1. In this retrospective cohort study, the authors observed that Medicare Advantage beneficiaries have a higher risk of readmission compared to traditional Medicare in with regards to congestive heart failure, pneumonia and acute myocardial infarction.
2. There were higher readmission rates for Medicare Advantage beneficiaries compared to traditional Medicare beneficiaries for hospitals in which both Medicare Advantage and traditional beneficiaries were admitted.
Evidence Rating Level: 2 (Good)
Study Rundown: Hospital readmissions are common and incur significant financial costs to Medicare annually. Therefore, reducing readmission rates is a priority for many aspects of the healthcare system in the United States. Typically, readmission rates are calculated with traditional Medicare beneficiaries only, compared to those that are enrolled in the Medicare Advantage program. The authors of this retrospective cohort study therefore contrasted readmission rates between Medicare Advantage and traditional Medicare patients. Medicare Advantage beneficiaries were found to have a higher risk of readmission compared with traditional Medicare patients. Further, it was found that the Healthcare Effectiveness Data and Information Set (HEDIS) underreported admissions of acute myocardial infarction, congestive heart failure and pneumonia. These underreported admissions often had higher readmission rates. This study had several limitations. Of note, the claims data that was utilized did not include detailed measures of illness severity, social determinants of health and other elements.

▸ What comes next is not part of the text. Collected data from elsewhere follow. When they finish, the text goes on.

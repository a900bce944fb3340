-- ===== src/Prelude/Words.antt =====
-- Rust's integers of `w` bits: checked, saturating and wrapping arithmetic. An unsigned one is a
-- native number, a signed one an integer, each in its range.
use Prim.Native.Nat.{ℕ, zero, suc, ◌+◌, ◌*◌, ◌-◌, ◌%◌, ◌^◌, ◌≤◌, ◌<◌}
use mathlib.Core.Path.{◌≡◌, refl}
use mathlib.Core.Bool.{◌&&◌}
use native.Mathlib.Nat.{pow-succ', mod-lt, mod-eq_of_lt, div-le_self, one-le-pow}
use native.Mathlib.Omega.{arith}
use esp_clock_sync.Prelude.Tests.{ltb, leb, ◌==◌, if◌then◌else◌}
use esp_clock_sync.Prelude.Panic.{Exec, ret, panic}
use esp_clock_sync.Prelude.Int.{ℤ, pos, negsuc, pos_part, neg_part, ◌*ℤ◌, abs, quot, quot_pos_parts}

abbrev pub FitsU : ℕ → ℕ → Type 0
FitsU w n = n < 2 ^ w

abbrev pub FitsI : ℕ → ℤ → Type 0
FitsI w a = (pos_part a < 2 ^ (w - 1)) × (neg_part a ≤ 2 ^ (w - 1))

-- The result of an unsigned operation with overflow checks.
unfoldable pub checked_u : ℕ → ℕ → Exec ℕ
checked_u w n = if ltb n (2 ^ w) then ret n else panic

-- The result of a signed operation with overflow checks.
unfoldable pub checked_i : ℕ → ℤ → Exec ℤ
checked_i w a =
    if ltb (pos_part a) (2 ^ (w - 1)) && leb (neg_part a) (2 ^ (w - 1)) then ret a else panic

unfoldable pub saturate_u : ℕ → ℕ → ℕ
saturate_u w n = if ltb n (2 ^ w) then n else 2 ^ w - 1

unfoldable pub saturate_i : ℕ → ℤ → ℤ
saturate_i w a =
    if leb (2 ^ (w - 1)) (pos_part a)
    then pos (2 ^ (w - 1) - 1)
    else if ltb (2 ^ (w - 1)) (neg_part a)
    then negsuc (2 ^ (w - 1) - 1)
    else a

-- The bit pattern of an integer in `w` bits: `as u64`.
unfoldable pub wrap_u : ℕ → ℤ → ℕ
wrap_u w (pos n) = n % 2 ^ w
wrap_u w (negsuc n) = 2 ^ w - 1 - n % 2 ^ w

-- The integer that a bit pattern of `w` bits stands for: `as i64` of an unsigned number.
unfoldable pub signed : ℕ → ℕ → ℤ
signed w n = if ltb n (2 ^ (w - 1)) then pos n else negsuc (2 ^ w - n - 1)

-- A cast of a wider signed number, or a wrapping operation.
unfoldable pub wrap_i : ℕ → ℤ → ℤ
unfolding wrap_u signed
wrap_i w a = signed w (wrap_u w a)

-- `a << k` at `w` bits: bits that leave are lost, with no overflow check.
unfoldable pub shl : ℕ → ℕ → ℤ → ℤ
unfolding wrap_i
shl w k a = wrap_i w (a *ℤ pos (2 ^ k))

-- `a / b` at `w` bits: a zero divisor panics, and so does MIN / -1.
unfoldable pub div_i : ℕ → ℤ → ℤ → Exec ℤ
unfolding checked_i
div_i w a b = if abs b == 0 then panic else checked_i w (quot a b)

pub checked_u-ret : (w n : ℕ) → FitsU w n → checked_u w n ≡ ret n
unfolding checked_u
checked_u-ret w n h = ground arith

pub checked_i-ret : (w : ℕ) (a : ℤ) → FitsI w a → checked_i w a ≡ ret a
unfolding checked_i
checked_i-ret w a h = ground arith

pub saturate_i-fits : (w : ℕ) (a : ℤ) → FitsI w a → saturate_i w a ≡ a
unfolding saturate_i
saturate_i-fits w a h = ground arith

pub saturate_u-fits : (w n : ℕ) → FitsU w n → saturate_u w n ≡ n
unfolding saturate_u
saturate_u-fits w n h = ground arith

pub signed-small : (w n : ℕ) → n < 2 ^ (w - 1) → signed w n ≡ pos n
unfolding signed
signed-small w n h = ground arith

pub wrap_u-small : (w n : ℕ) → n < 2 ^ w → wrap_u w (pos n) ≡ n
unfolding wrap_u
wrap_u-small w n h = grind arith

pow_half : (w : ℕ) → 0 < w → 2 ^ w ≡ 2 * 2 ^ (w - 1)
pow_half zero h = absurd (omega arith)
pow_half (suc w) h = let e : suc w - 1 ≡ w = omega arith in rw (e, pow-succ') refl

-- A cast keeps an integer that fits.
pub wrap_i-fits : (w : ℕ) (a : ℤ) → 0 < w → FitsI w a → wrap_i w a ≡ a
unfolding wrap_i
wrap_i-fits w (pos n) hw h = grind (arith, pow_half w hw, mod-eq_of_lt)
wrap_i-fits w (negsuc n) hw h = grind (arith, pow_half w hw, mod-eq_of_lt)

pub div_i-ret :
    (w : ℕ) (a : ℤ) (k : ℕ) → 0 < k → FitsI w a → div_i w a (pos k) ≡ ret (quot a (pos k))
unfolding div_i
div_i-ret w a k hk h =
    ground (arith, quot_pos_parts a k, div-le_self (pos_part a) k, div-le_self (neg_part a) k)

pub saturate_i-FitsI : (w : ℕ) (a : ℤ) → FitsI w (saturate_i w a)
unfolding saturate_i
saturate_i-FitsI w a = ground (arith, one-le-pow (w - 1) 2)

pub saturate_u_le : (w n : ℕ) → saturate_u w n ≤ n
unfolding saturate_u
saturate_u_le w n = ground arith

pub saturate_u-FitsU : (w n : ℕ) → FitsU w (saturate_u w n)
unfolding saturate_u
saturate_u-FitsU w n = ground (arith, one-le-pow w 2)

pub saturate_u_sum : (w a b : ℕ) → saturate_u w (saturate_u w a + b) ≡ saturate_u w (a + b)
unfolding saturate_u
saturate_u_sum w a b = ground (arith, one-le-pow w 2)

signed-FitsI : (w n : ℕ) → 0 < w → n < 2 ^ w → FitsI w (signed w n)
unfolding signed
signed-FitsI w n hw h = let e = pow_half w hw in ground arith

wrap_u-FitsU : (w : ℕ) (a : ℤ) → FitsU w (wrap_u w a)
unfolding wrap_u
wrap_u-FitsU w (pos n) = mod-lt n (omega (arith, one-le-pow w 2))
wrap_u-FitsU w (negsuc n) = omega (arith, one-le-pow w 2)

-- A cast lands in the range of its type.
pub wrap_i-FitsI : (w : ℕ) (a : ℤ) → 0 < w → FitsI w (wrap_i w a)
unfolding wrap_i
wrap_i-FitsI w a hw = signed-FitsI w (wrap_u w a) hw (wrap_u-FitsU w a)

Further, the authors acknowledged that there were some potential unobserved differences between the two study populations.
Relevant Reading: Medicare Advantage: Issues, Insights, and Implications for the Future
In-Depth [retrospective cohort study]: The authors of this retrospective cohort study compared 30-day readmission rates after hospitalization for both Medicare Advantage and traditional Medicare patients for three major conditions: acute myocardial infarction (AMI), congestive heart failure (CHF) and pneumonia between the years of 2011 to 2014. They utilized the Medicare Provider Analysis and Review files to complete this data analysis. The Neuhaus-Kalbfleisch method was used to calculate the within-hospital effect of Medicare Advantage compared to traditional Medicare. The authors observed that patients in Medicare Advantage had lower unadjusted readmission rates compared to those in traditional Medicare for all 3 conditions (16.6% vs. 17.1% for AMI, 21.4% vs. 21.75% for CHF, and 16.3% vs. 16.4% for pneumonia). When risk readjustment was applied, the readmission rates were found to be higher for patients in Medicare Advantage for each measurement. Further, readmission rates were higher for those enrolled in Medicare Advantage in 1098 of 2138 hospitals (51%) after AMI, 1721 of 3373 hospitals (51%) after CHF and 1920 of 3720 hospitals (52%) after pneumonia.